##### INFORMATION

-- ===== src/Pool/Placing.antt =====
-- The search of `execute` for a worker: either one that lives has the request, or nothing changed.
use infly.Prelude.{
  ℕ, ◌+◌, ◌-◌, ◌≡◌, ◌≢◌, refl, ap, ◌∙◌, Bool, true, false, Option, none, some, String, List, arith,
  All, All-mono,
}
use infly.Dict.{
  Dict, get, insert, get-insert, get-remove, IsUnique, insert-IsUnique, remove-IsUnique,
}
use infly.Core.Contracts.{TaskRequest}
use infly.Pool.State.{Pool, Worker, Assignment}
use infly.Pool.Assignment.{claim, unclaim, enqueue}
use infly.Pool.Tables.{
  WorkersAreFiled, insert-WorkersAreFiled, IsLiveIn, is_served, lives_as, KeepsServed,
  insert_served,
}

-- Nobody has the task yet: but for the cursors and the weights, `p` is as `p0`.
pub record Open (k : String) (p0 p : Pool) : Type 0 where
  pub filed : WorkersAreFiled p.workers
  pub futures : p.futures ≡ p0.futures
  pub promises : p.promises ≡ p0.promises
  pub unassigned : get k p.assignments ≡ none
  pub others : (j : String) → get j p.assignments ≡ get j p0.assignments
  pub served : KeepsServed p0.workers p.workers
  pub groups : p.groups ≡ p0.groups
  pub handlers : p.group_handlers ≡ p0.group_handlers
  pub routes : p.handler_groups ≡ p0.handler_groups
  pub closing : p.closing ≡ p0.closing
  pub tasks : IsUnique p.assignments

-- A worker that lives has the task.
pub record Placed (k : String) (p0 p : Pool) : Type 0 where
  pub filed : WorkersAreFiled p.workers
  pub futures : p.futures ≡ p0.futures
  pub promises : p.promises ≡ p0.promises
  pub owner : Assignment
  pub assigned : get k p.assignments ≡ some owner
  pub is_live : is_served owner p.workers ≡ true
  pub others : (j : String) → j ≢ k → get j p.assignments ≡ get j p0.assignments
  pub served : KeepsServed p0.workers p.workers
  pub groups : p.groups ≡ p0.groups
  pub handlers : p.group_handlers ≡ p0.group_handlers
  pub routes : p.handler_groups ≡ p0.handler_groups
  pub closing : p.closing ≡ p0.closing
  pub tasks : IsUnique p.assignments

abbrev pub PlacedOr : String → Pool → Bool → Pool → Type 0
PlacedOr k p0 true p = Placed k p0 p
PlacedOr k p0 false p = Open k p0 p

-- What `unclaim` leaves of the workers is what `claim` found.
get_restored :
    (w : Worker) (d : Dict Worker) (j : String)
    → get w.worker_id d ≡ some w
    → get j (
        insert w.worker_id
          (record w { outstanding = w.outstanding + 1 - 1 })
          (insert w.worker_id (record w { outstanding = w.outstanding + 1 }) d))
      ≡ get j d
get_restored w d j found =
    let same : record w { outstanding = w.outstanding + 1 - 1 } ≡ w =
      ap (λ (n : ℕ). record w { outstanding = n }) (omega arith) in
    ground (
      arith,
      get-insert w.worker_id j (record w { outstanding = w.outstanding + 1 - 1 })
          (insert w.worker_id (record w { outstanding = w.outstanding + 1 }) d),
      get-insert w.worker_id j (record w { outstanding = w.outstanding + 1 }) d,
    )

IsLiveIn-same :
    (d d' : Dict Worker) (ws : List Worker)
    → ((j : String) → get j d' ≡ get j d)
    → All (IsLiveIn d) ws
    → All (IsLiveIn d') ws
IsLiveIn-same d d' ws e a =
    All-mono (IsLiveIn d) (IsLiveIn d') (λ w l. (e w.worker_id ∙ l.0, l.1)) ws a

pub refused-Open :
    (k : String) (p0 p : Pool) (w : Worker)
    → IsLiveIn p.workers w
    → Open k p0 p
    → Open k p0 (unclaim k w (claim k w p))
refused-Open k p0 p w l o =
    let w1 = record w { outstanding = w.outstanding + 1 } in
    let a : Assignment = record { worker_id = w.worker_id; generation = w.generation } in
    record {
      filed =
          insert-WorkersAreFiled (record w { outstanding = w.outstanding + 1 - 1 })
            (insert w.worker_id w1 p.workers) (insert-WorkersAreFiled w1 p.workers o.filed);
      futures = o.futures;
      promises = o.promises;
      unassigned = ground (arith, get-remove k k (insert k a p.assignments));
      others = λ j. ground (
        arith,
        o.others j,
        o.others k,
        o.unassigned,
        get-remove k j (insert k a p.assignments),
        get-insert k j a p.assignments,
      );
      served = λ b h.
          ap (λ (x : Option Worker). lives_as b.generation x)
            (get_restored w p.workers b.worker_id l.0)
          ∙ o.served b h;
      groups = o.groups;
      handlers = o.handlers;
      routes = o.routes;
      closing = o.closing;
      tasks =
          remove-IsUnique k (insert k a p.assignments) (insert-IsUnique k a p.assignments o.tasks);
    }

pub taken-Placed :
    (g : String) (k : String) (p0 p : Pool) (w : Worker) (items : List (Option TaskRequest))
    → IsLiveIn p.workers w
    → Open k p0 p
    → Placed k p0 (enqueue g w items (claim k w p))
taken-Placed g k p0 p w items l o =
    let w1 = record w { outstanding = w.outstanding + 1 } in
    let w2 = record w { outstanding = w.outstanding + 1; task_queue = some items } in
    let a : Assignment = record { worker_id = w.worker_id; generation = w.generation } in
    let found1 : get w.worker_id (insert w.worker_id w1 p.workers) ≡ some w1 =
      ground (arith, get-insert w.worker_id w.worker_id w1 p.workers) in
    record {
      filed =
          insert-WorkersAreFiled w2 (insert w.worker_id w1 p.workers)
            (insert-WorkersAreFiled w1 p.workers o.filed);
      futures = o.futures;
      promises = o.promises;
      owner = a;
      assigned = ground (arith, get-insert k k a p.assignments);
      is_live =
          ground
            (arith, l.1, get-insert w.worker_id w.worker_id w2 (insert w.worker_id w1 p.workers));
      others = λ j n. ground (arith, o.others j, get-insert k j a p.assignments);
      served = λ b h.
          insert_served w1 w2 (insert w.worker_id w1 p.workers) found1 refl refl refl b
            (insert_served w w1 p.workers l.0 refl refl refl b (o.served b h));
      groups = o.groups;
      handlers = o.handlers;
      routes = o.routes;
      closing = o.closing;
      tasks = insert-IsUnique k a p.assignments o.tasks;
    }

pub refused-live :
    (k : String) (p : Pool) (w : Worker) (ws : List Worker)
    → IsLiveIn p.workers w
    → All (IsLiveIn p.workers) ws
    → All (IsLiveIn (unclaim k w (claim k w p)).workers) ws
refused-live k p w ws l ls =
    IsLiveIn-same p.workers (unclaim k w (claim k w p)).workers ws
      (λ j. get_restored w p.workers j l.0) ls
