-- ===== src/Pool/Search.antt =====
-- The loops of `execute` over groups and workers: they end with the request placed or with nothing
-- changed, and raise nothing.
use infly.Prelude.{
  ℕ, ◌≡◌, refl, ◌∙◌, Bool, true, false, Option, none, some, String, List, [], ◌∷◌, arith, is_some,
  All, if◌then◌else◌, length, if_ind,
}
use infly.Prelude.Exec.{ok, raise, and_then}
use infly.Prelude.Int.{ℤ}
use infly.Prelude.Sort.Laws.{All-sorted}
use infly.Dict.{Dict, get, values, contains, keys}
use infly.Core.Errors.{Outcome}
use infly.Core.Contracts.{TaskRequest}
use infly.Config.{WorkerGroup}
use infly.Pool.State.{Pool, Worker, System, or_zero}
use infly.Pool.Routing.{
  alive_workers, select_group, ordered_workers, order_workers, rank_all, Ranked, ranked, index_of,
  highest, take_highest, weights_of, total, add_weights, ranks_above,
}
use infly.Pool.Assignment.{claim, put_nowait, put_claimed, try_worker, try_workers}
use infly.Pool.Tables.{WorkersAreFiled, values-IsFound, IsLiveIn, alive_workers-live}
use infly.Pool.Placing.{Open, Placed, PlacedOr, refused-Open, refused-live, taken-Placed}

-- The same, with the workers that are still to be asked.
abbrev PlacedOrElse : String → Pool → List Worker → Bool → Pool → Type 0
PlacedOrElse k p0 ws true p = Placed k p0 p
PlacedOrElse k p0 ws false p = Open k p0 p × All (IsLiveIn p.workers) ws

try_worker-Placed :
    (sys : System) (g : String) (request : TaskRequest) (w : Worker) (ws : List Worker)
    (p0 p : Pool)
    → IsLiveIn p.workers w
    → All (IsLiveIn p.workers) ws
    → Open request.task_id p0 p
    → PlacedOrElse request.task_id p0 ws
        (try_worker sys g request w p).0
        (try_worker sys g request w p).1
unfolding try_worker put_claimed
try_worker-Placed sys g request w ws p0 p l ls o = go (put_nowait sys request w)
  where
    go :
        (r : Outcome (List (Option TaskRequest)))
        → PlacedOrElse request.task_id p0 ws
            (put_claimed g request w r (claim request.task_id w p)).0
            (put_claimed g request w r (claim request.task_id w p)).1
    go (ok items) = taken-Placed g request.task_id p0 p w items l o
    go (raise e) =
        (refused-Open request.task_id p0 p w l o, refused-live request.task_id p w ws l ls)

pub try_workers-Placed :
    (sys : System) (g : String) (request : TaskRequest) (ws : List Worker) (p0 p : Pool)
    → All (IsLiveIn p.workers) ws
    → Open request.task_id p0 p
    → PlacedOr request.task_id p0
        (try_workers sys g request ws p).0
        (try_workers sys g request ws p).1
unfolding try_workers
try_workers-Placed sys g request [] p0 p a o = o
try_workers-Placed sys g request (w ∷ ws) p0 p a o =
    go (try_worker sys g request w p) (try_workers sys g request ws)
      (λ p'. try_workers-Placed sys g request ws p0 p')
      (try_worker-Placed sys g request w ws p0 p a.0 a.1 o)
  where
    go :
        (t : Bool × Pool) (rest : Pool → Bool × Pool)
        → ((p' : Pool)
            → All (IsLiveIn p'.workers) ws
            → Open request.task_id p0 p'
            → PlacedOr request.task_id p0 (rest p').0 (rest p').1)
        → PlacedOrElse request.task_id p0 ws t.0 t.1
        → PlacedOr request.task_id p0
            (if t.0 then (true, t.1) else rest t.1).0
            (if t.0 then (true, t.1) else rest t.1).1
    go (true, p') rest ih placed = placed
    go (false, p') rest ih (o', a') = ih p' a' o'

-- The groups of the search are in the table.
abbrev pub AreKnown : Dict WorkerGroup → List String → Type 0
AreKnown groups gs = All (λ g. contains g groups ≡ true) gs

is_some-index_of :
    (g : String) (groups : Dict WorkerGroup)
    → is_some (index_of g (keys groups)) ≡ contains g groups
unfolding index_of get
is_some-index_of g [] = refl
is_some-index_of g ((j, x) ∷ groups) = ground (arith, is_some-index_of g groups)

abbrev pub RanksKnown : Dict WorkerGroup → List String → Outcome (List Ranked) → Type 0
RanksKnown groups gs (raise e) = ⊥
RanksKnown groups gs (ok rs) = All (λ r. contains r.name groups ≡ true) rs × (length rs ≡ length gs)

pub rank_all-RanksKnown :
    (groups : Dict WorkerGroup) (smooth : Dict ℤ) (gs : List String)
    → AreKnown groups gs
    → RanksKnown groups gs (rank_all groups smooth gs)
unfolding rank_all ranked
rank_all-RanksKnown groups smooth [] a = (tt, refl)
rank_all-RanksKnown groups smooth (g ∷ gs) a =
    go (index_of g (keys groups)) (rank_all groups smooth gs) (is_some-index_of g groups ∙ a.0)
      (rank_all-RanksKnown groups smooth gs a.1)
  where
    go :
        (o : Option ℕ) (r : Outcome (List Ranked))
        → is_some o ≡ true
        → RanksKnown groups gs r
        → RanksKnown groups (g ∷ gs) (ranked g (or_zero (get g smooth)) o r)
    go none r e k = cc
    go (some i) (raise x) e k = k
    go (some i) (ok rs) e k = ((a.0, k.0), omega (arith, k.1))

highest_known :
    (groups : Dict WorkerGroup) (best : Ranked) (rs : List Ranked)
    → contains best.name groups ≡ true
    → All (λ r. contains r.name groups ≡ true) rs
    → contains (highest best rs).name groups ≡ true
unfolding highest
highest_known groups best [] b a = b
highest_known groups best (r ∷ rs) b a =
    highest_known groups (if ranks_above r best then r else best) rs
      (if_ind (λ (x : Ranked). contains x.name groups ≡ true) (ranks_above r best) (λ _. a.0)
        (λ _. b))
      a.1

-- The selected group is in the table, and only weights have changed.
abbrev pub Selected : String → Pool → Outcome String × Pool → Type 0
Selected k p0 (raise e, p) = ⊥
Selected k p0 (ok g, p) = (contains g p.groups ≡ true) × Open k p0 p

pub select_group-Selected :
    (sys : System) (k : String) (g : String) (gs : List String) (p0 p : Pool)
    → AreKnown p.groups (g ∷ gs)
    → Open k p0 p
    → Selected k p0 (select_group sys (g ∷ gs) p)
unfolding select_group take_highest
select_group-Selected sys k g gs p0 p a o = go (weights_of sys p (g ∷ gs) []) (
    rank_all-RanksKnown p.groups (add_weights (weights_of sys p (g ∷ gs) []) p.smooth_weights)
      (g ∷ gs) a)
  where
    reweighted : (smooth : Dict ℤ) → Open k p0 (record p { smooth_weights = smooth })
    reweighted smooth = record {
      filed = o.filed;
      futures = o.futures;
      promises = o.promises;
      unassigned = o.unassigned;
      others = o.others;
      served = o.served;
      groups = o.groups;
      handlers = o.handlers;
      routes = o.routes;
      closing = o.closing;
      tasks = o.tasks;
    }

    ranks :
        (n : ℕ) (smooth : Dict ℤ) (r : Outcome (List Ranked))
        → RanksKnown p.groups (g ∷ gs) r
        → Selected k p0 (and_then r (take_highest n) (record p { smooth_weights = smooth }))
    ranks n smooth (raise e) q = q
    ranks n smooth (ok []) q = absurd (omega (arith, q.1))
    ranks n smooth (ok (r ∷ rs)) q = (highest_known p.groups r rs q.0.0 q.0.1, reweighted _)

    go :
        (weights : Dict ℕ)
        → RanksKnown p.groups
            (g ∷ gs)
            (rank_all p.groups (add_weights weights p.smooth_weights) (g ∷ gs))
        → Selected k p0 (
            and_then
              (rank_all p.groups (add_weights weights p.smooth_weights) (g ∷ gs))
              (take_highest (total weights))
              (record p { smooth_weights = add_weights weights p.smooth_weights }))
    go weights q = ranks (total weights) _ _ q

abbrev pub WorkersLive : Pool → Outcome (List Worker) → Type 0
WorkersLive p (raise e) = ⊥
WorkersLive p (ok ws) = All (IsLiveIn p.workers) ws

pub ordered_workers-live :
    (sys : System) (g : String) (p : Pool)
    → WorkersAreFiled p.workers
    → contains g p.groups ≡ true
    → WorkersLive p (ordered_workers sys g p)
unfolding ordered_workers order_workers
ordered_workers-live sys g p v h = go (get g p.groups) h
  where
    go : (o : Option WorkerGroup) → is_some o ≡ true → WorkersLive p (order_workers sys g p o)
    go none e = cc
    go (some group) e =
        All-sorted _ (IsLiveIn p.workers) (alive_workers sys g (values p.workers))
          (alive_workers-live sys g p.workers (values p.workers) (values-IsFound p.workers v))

##########

**WHAT NEEDS TO BE DONE:** Of all the entries above, retype exactly the lines from the line with "p0 ws t.0 t.1" to the line with "rank_all-RanksKnown groups smooth (g", both included, and no others.

**EXERCISE OUTPUT:**
        → PlacedOrElse request.task_id p0 ws t.0 t.1
        → PlacedOr request.task_id p0
            (if t.0 then (true, t.1) else rest t.1).0
            (if t.0 then (true, t.1) else rest t.1).1
    go (true, p') rest ih placed = placed
    go (false, p') rest ih (o', a') = ih p' a' o'

-- The groups of the search are in the table.
abbrev pub AreKnown : Dict WorkerGroup → List String → Type 0
AreKnown groups gs = All (λ g. contains g groups ≡ true) gs

is_some-index_of :
    (g : String) (groups : Dict WorkerGroup)
    → is_some (index_of g (keys groups)) ≡ contains g groups
unfolding index_of get
is_some-index_of g [] = refl
is_some-index_of g ((j, x) ∷ groups) = ground (arith, is_some-index_of g groups)

abbrev pub RanksKnown : Dict WorkerGroup → List String → Outcome (List Ranked) → Type 0
RanksKnown groups gs (raise e) = ⊥
RanksKnown groups gs (ok rs) = All (λ r. contains r.name groups ≡ true) rs × (length rs ≡ length gs)

pub rank_all-RanksKnown :
    (groups : Dict WorkerGroup) (smooth : Dict ℤ) (gs : List String)
    → AreKnown groups gs
    → RanksKnown groups gs (rank_all groups smooth gs)
unfolding rank_all ranked
rank_all-RanksKnown groups smooth [] a = (tt, refl)
rank_all-RanksKnown groups smooth (g ∷ gs) a =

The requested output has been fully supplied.